Both the Times and I will resubmit revised anti-SLAPP and opposition to anti-SLAPP motions, respectively, to the court for hearings to be held in June and July.

“Many cartoonists in the States will watch what ensues with interest, considering it a timely test of the First Amendment,” reports Cartoonist Rights Network International.
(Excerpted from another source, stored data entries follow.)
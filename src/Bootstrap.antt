-- ===== src/Bootstrap.antt =====
-- The bootstrap client of rust/bootstrap-client/src: the messages and their checks (schema.rs), the
-- hello and the loop that waits for the server's message (main.rs).
pub mod Waiting
pub mod Replies
pub mod Probing
use fips_nostr_bootstrap.Base.{
  ℕ, zero, suc, ◌+◌, ◌-◌, max, ltb, ◌==◌, text_eq, not, ◌||◌, ◌&&◌, if◌then◌else◌, Bool, true,
  false, Option, none, some, List, [], ◌∷◌, Text, text,
}
use fips_nostr_bootstrap.Schema.{LegacyWants, LegacyEndpoint, LegacyStunInfo, Result, ok, err}
use fips_nostr_bootstrap.Traversal.{is_empty, ◌!=◌}

-- An i64.
pub data ℤ : Type 0 where
  pos : ℕ → ℤ
  negsuc : ℕ → ℤ

pub record Punch : Type 0 where
  pub start_at_ms : ℤ
  pub interval_ms : ℕ
  pub duration_ms : ℕ

-- The client's hello: its endpoint is no option, and it names its capabilities.
pub record HelloMessage : Type 0 where
  pub msg_type : Text
  pub version : Text
  pub session_id : Text
  pub nonce : Text
  pub issued_at : ℤ
  pub wants : LegacyWants
  pub client_endpoint : LegacyEndpoint
  pub capabilities : List Text

pub record ServerInfoMessage : Type 0 where
  pub msg_type : Text
  pub version : Text
  pub session_id : Text
  pub nonce : Text
  pub issued_at : ℤ
  pub endpoint : LegacyEndpoint
  pub punch : Option Punch
  pub stun : Option LegacyStunInfo

pub data Invalid : Type 0 where
  invalid_hello_type invalid_server_info_type unsupported_version : Invalid
  missing_session_id_or_nonce session_or_nonce_mismatch : Invalid

abbrev pub hello_type : Text
hello_type = text "fips.rendezvous.hello"

abbrev pub server_info_type : Text
server_info_type = text "fips.rendezvous.server-info"

abbrev pub version_1_0 : Text
version_1_0 = text "1.0"

unfoldable pub validate : HelloMessage → Result (Unit {0}) Invalid
validate hello =
    if hello.msg_type != hello_type
    then err invalid_hello_type
    else if hello.version != version_1_0
    then err unsupported_version
    else if is_empty hello.session_id || is_empty hello.nonce
    then err missing_session_id_or_nonce
    else ok tt

unfoldable pub validate_for : ServerInfoMessage → Text → Text → Result (Unit {0}) Invalid
validate_for info session_id nonce =
    if info.msg_type != server_info_type
    then err invalid_server_info_type
    else if info.version != version_1_0
    then err unsupported_version
    else if info.session_id != session_id || info.nonce != nonce
    then err session_or_nonce_mismatch
    else ok tt

-- The hello that `main` makes.
unfoldable pub hello_of : Text → Text → ℤ → Bool → Bool → Bool → ℕ → HelloMessage
hello_of session_id nonce now want_stun want_fips connects local_port = record {
  msg_type = hello_type;
  version = version_1_0;
  session_id = session_id;
  nonce = nonce;
  issued_at = now;
  wants = record { stun_info = want_stun; fips_connect = want_fips || connects };
  client_endpoint = record { host = text "0.0.0.0"; port = local_port };
  capabilities = text "rust-bootstrap-client-v1" ∷ [];
}

-- What the websocket gives: an error, what the loop skips (no text, or no relay message), the relay's
-- verdict on an event, and an event with what is unwrapped and parsed of it, if it can be.
pub data Frame : Type 0 where
  broken skipped : Frame
  verdict : Text → Bool → Frame
  delivered : Option ServerInfoMessage → Frame

pub data Wait : Type 0 where
  received : ServerInfoMessage → Wait
  not_received failed hello_rejected : Wait

abbrev pub is_valid : Result (Unit {0}) Invalid → Bool
is_valid (ok u) = true
is_valid (err e) = false

-- The loop over the frames that come before the deadline, for the event `hello_id`.
unfoldable pub wait_for_server_info : Text → Text → Text → List Frame → Wait
wait_for_server_info hello_id session_id nonce [] = not_received
wait_for_server_info hello_id session_id nonce (broken ∷ frames) = failed
wait_for_server_info hello_id session_id nonce (skipped ∷ frames) =
    wait_for_server_info hello_id session_id nonce frames
wait_for_server_info hello_id session_id nonce (verdict event_id status ∷ frames) =
    let rest = wait_for_server_info hello_id session_id nonce frames in
    if event_id == hello_id && not status then hello_rejected else rest
wait_for_server_info hello_id session_id nonce (delivered none ∷ frames) =
    wait_for_server_info hello_id session_id nonce frames
wait_for_server_info hello_id session_id nonce (delivered (some parsed) ∷ frames) =
    let rest = wait_for_server_info hello_id session_id nonce frames in
    if is_valid (validate_for parsed session_id nonce) then received parsed else rest
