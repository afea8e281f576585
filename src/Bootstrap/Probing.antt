-- ===== src/Bootstrap/Probing.antt =====
-- What `main` of rust/bootstrap-client/src/main.rs does with the server's message: the handoff, and in
-- the mode connect the loop that probes the server.
pub mod Window
use fips_nostr_bootstrap.Base.{
  ℕ, zero, suc, ◌-◌, max, ltb, ◌==◌, text_eq, ◌&&◌, if◌then◌else◌, Bool, true, false, Option, none,
  some, Text, text, Run, done, panicked, stuck,
}
use fips_nostr_bootstrap.Schema.{LegacyEndpoint, LegacyStunInfo}
use fips_nostr_bootstrap.Bootstrap.{
  ℤ, pos, negsuc, Punch, ServerInfoMessage, Wait, received, not_received, failed, hello_rejected,
}

pub record BootstrapHandoff : Type 0 where
  pub relay_url : Text
  pub server_npub : Text
  pub session_id : Text
  pub nonce : Text
  pub endpoint : LegacyEndpoint
  pub punch : Option Punch
  pub stun : Option LegacyStunInfo
  pub received_at_ms : ℤ

-- What comes back in a round, if anything does: the members `t` and `n` of its JSON, where they are
-- strings. What is no JSON has none.
pub record Packet : Type 0 where
  pub t : Option Text
  pub n : Option Text

abbrev pub is_text : Option Text → Text → Bool
is_text none s = false
is_text (some t) s = t == s

abbrev pub is_probe_ack : Text → Option Packet → Bool
is_probe_ack nonce none = false
is_probe_ack nonce (some packet) = is_text packet.t (text "PROBE_ACK") && is_text packet.n nonce

pub record Probed : Type 0 where
  pub probe_acked : Bool
  pub seq : ℕ

module _ (nonce : Text) (duration_ms : ℕ) (elapsed : ℕ → ℕ) (sends : ℕ → Bool)
    (answers : ℕ → Option Packet) where
  -- The loop from round `n` on, on fuel: `elapsed n` is the time since the start when the round is
  -- tested, `sends n` whether its probe could be sent, and `answers n` what comes back in it. A probe that
  -- cannot be sent ends `main` with an error, as a window without an acknowledgement does.
  unfoldable pub probe_loop : ℕ → ℕ → Run Probed
  probe_loop zero n = stuck
  probe_loop (suc fuel) n =
      let rest = probe_loop fuel (suc n) in
      if ltb (elapsed n) duration_ms
      then if sends n
        then if is_probe_ack nonce (answers n)
          then done (record { probe_acked = true; seq = suc n })
          else rest
        else done (record { probe_acked = false; seq = suc n })
      else done (record { probe_acked = false; seq = n })

-- One run: the arguments, the clock, and what the probes meet.
pub record Bootstrapping : Type 0 where
  pub relay : Text
  pub server_npub : Text
  pub connects : Bool
  pub received_at_ms : ℤ
  pub elapsed : ℕ → ℕ
  pub sends : ℕ → Bool
  pub answers : ℕ → Option Packet

abbrev pub handoff_of : Bootstrapping → ServerInfoMessage → BootstrapHandoff
handoff_of run info = record {
  relay_url = run.relay;
  server_npub = run.server_npub;
  session_id = info.session_id;
  nonce = info.nonce;
  endpoint = info.endpoint;
  punch = info.punch;
  stun = info.stun;
  received_at_ms = run.received_at_ms;
}

abbrev pub if_acked : BootstrapHandoff → Run Probed → Run (Option BootstrapHandoff)
if_acked handoff (done p) = if p.probe_acked then done (some handoff) else done none
if_acked handoff panicked = panicked
if_acked handoff stuck = stuck

-- The mode connect needs a punch, and an acknowledged probe.
abbrev pub connect_mode :
    ℕ → Bootstrapping → ServerInfoMessage → Option Punch → Run (Option BootstrapHandoff)
connect_mode fuel run info none = done none
connect_mode fuel run info (some punch) =
    if_acked (handoff_of run info)
      (probe_loop info.nonce punch.duration_ms run.elapsed run.sends run.answers fuel 0)

-- From the wait for the server's message to the handoff, or none where `main` ends with an error.
unfoldable pub hand_off : ℕ → Bootstrapping → Wait → Run (Option BootstrapHandoff)
hand_off fuel run (received info) =
    if run.connects
    then connect_mode fuel run info info.punch
    else done (some (handoff_of run info))
hand_off fuel run _ = done none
Share on FacebookTweet about this on TwitterShare on Google+Share on RedditDigg thisShare on StumbleUponEmail this to someone

7 thoughts on “Rall v. LA Times: Lawsuit Update

  1. It has been my experience in LA Superior Court that what rules the number of pages is a word-count (click file, then properties) at a 14 font next a 1 and a half line spacing with a one-inch bofder all around. THEN, if you follow the rules while your opponent does not, the judge is obligated to toss their filing back at them (without even a summary review of their reasoning) with one chance to amend. If they still file it bloated, the judge should then sanction them, and maybe even toss their cause. What rules-of-court is your judge using Ted?

    DanD

    • hmmm, so I guess we’re free to speculate as to HOW you got so familiar with the LA Superior Court. >:-D

      So I was at a motorcycle rally recently. One guy was selling knives. He had a nice switchblade so I asked the price. He said, “I can only sell that to law enforcement personnel” so I said “I’ve had a lot of experience with law enforcement”, and walked away with a shiny new knife…

  2. And it begins. First, note that had Ted’s lawyer not adhered to the page count limit, the case would have summarily been decided for Tronc. But when the LATimes’ side violates the rules, it’s not a big deal, is it?

    I suspect this is how it will go from this point forward. The other side will continue to mess with things in such a way as to force Ted’s side to not be able to adhere to the rules in some way. They will ask for continuances, they will explain that their shoelaces weren’t tied properly, and thus they deserve a do-over, and all shall be granted.

    When Ted’s side can’t get into court because of a “security issue”? Case summarily dismissed, ruling in favor of Tronc. Mr. Rall. The law means the law. You and your lawyers must respect the law’s reasonable demands. That you were physically barred from entering the building is not our fault.

    If they win, it will be on such a technicality.

    • I note that the LA Times is offering me the opportunity to purchase items from their so-called Free Speech Collection. Search as I might, I was unable to find a coffee cup or a T-shirt with the text «We fire cartoonists who irritate the LAPD», but perhaps they’re saving that item for the Anti-Free Speech Collection….

      (They are also offering me «Start your special trial today to receive 8 weeks of home delivery of the Sunday paper plus Unlimited Digital Access every day for just 99¢.») I’m almost tempted to take them up on that one, in order to see how they will provide me with home delivery of eight issues of the Sunday paper for 0.99 USD. Or perhaps their lawyers will submit a 27.5 anti-SLAPP memorandum to demonstrate that nothing in «home delivery» can be construed to mean delivery to my home, in the event such delivery would place a burden on the newspaper. Perhaps I can get the court hearings scheduled so that I’ll meet Ted, either coming or going…. 😉 )

      Henri

  3. «We adhered to the 15-page limit, but it wasn’t possible to reply to 27.5 pages of argument with 15 pages. So in order to effectively counter the Times’ 27.5 page motion, we used a smaller font size.» Does that mean, Ted, that from now on we’re going to get 7 frames per cartoon, instead of, as hither to 4, but reduced in size ? In which case, I strongly approve of the manoeuvre….

    Henri

  4. Thanks for the update, Ted. Did the judge need a magnifying glass to read your lawyers’ “reduced-font” submission? (Admittedly, I laughed out loud when I read that.) 😀

  5. Thanks for the update, Ted – we’ve been waiting with bated breath.

    Maybe they’ll get lucky and you’ll die of old age before you actually get to trial.